Unless I can find a way to learn about ACOs through osmosis while I sleep, I’ll hold off on weighing in.
I was asked a week ago if I was interested in writing about my take on the proposed Accountable Care Organization rule and what I thought the impact might be on a small practice like mine. I decided that I was not in a position to really make that kind of assessment, because I don’t know enough about it, and quite honestly, I don’t have the time to read about it right now.
“Why not?” you ask? I’m just too darned busy. Forget the fact that I have two young children, each with two activities they have to be shuttled to and from. I have stuff to do.
Let’s start with the daily nitty-gritty. I decided that it was not cost-effective to have an office manager, therefore, I AM the office manager. I make sure the office is clean and presentable; that the patient education material and the People magazines are neatly placed in the waiting room every morning. I make sure the back up system for the EMR is working. I troubleshoot the computers/network/EMR to the best of my ability as needed. Oh sure, I delegate. My MA is in charge of making sure we have enough supplies, and I have her keep an inventory. But I still check periodically, ’cause I just can’t afford to not have what I need when I need it. I even make sure there’s enough toilet paper in the bathroom. Then, there’s keeping track of staff members’ hours for payroll. And then, of course, my personal favorite: making sure the bills are paid.

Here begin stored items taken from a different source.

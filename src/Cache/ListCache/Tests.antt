-- ===== src/Cache/ListCache/Tests.antt =====
-- Tests and witnesses for the list cache, where a limit is written as one byte.
use jaydb.Base.{
  ℕ, ◌≡◌, refl, [], ◌∷◌, Str, arith, pos, codes, lookup, insert, erase, str_eq, Result, ok, List,
}
use jaydb.Storage.{KeyMeta, ListOptions, Error}
use jaydb.Cache.ListCache.Invalidation.{MayHave, MayShare, IsCleared, Fate, invalidate-Fate}
use jaydb.Cache.ListCache.{
  invalidate_key, invalidate_prefix, drop_pages, Page, ListCache, new_list_cache, list_page, lead,
  admit_page, evict_over, find_entry, find_page, key_string, hit,
}
use jaydb.Cache.ListCache.Keys.{list_page-again}

abbrev show_int : ℕ → Str
show_int n = n ∷ []

abbrev opts : ListOptions
opts = record { limit = 2; cursor = []; delimiter = [] }

abbrev meta : Str → KeyMeta
meta key = record { key = key; size = 1; etag = []; mod_time = 5 }

abbrev flat : ListOptions → Result Error (List KeyMeta × Str)
flat o = ok (meta (codes "a/x") ∷ meta (codes "a/y") ∷ [], codes "a/y")

abbrev dirs : ListOptions → Result Error (List KeyMeta × Str)
dirs o = ok (meta (codes "a/") ∷ [], [])

program : Unit {0}
unfolding new_list_cache list_page lead admit_page evict_over find_entry find_page key_string hit
    lookup insert erase str_eq
program = tt

abbrev fresh : ListCache
fresh = new_list_cache (pos 100) (pos 2)

-- The page of another delimiter is served.
list_page-again_example :
    (list_page show_int dirs []
      (record opts { delimiter = codes "/" })
      20
      21
      22
      (list_page show_int flat [] opts 10 11 12 fresh).1).0
    ≡ ok (meta (codes "a/x") ∷ meta (codes "a/y") ∷ [], codes "a/y")
unfolding program
list_page-again_example =
    list_page-again show_int flat dirs [] (codes "/") opts 10 11 12 20 21 22 fresh
      (list_page show_int flat [] opts 10 11 12 fresh).1
      (meta (codes "a/x") ∷ meta (codes "a/y") ∷ [], codes "a/y") refl (omega arith) (omega arith)
      (omega arith)

-- Two keys with one string: the prefix `a|b` and no cursor, the prefix `a` and the cursor `b|`.
one_string :
    key_string show_int (record { prefix = codes "a|b"; cursor = []; limit = 1 })
    ≡ key_string show_int (record { prefix = codes "a"; cursor = codes "b|"; limit = 1 })
unfolding program
one_string = refl

-- The page of the root's keys, which a write of any key drops.
abbrev listed : ListCache
listed = (list_page show_int flat [] opts 10 11 12 fresh).1

-- The page that it holds.
abbrev front : List Page → Page
front [] = record {
  key = record { prefix = []; cursor = []; limit = 0 };
  metas = [];
  next_cursor = [];
  fetched_at = 0;
  last_accessed = 0;
}
front (p ∷ ps) = p

invalidate-Fate_example :
    (IsCleared show_int
        (MayHave (codes "a/x"))
        listed
        (invalidate_key show_int (codes "a/x") listed)
      × Fate show_int
          (MayHave (codes "a/x"))
          listed
          (invalidate_key show_int (codes "a/x") listed)
          (front listed.lru))
    × (IsCleared show_int
          (MayShare (codes "a/x"))
          listed
          (invalidate_prefix show_int (codes "a/x") listed)
        × Fate show_int
            (MayShare (codes "a/x"))
            listed
            (invalidate_prefix show_int (codes "a/x") listed)
            (front listed.lru))
unfolding program
invalidate-Fate_example = invalidate-Fate show_int (codes "a/x") listed 0 (front listed.lru) refl

dropped : (invalidate_key show_int (codes "a/x") listed).lru ≡ []
unfolding program invalidate_key drop_pages
dropped = refl

-- A leader has listed the keys before a write, whose invalidation finds no page yet; then the leader
-- admits its page, and the next call gets that instead of the page of the storage.
stale_page :
    (list_page show_int dirs [] opts 13 14 15 (
      admit_page show_int
        (record { prefix = []; cursor = []; limit = 2 })
        (meta (codes "a/x") ∷ [])
        []
        12
        (invalidate_key show_int (codes "a/z") fresh))).0
    ≡ ok (meta (codes "a/x") ∷ [], [])
unfolding program invalidate_key drop_pages
stale_page = refl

I still have to figure out how to get my EMR incentive. And then there’s ICD-10 to look forward to. And I have to make sure I get enough CMEs to keep my license.
Oh, and somewhere in there, I need to squeeze in a little thing known as patient care. You know, actually talking to and examining patients, counseling, educating, etc. I have hospital rounds. And then there’s the paperwork involved in that - the prior auths, the pre-approvals (what’s the difference anyway?), the appeals. And the phone calls. I’ll swear, I ask every patient while they are in the office two things: 1) Do you need any prescriptions, and 2) Do you have any questions? And invariably, I will get the call the next day from two or three patients for prescriptions, or for instructions, or something.
So, right now, unless I can find a way to learn about ACOs through osmosis while I sleep, you’re just going to have to wait for my opinion.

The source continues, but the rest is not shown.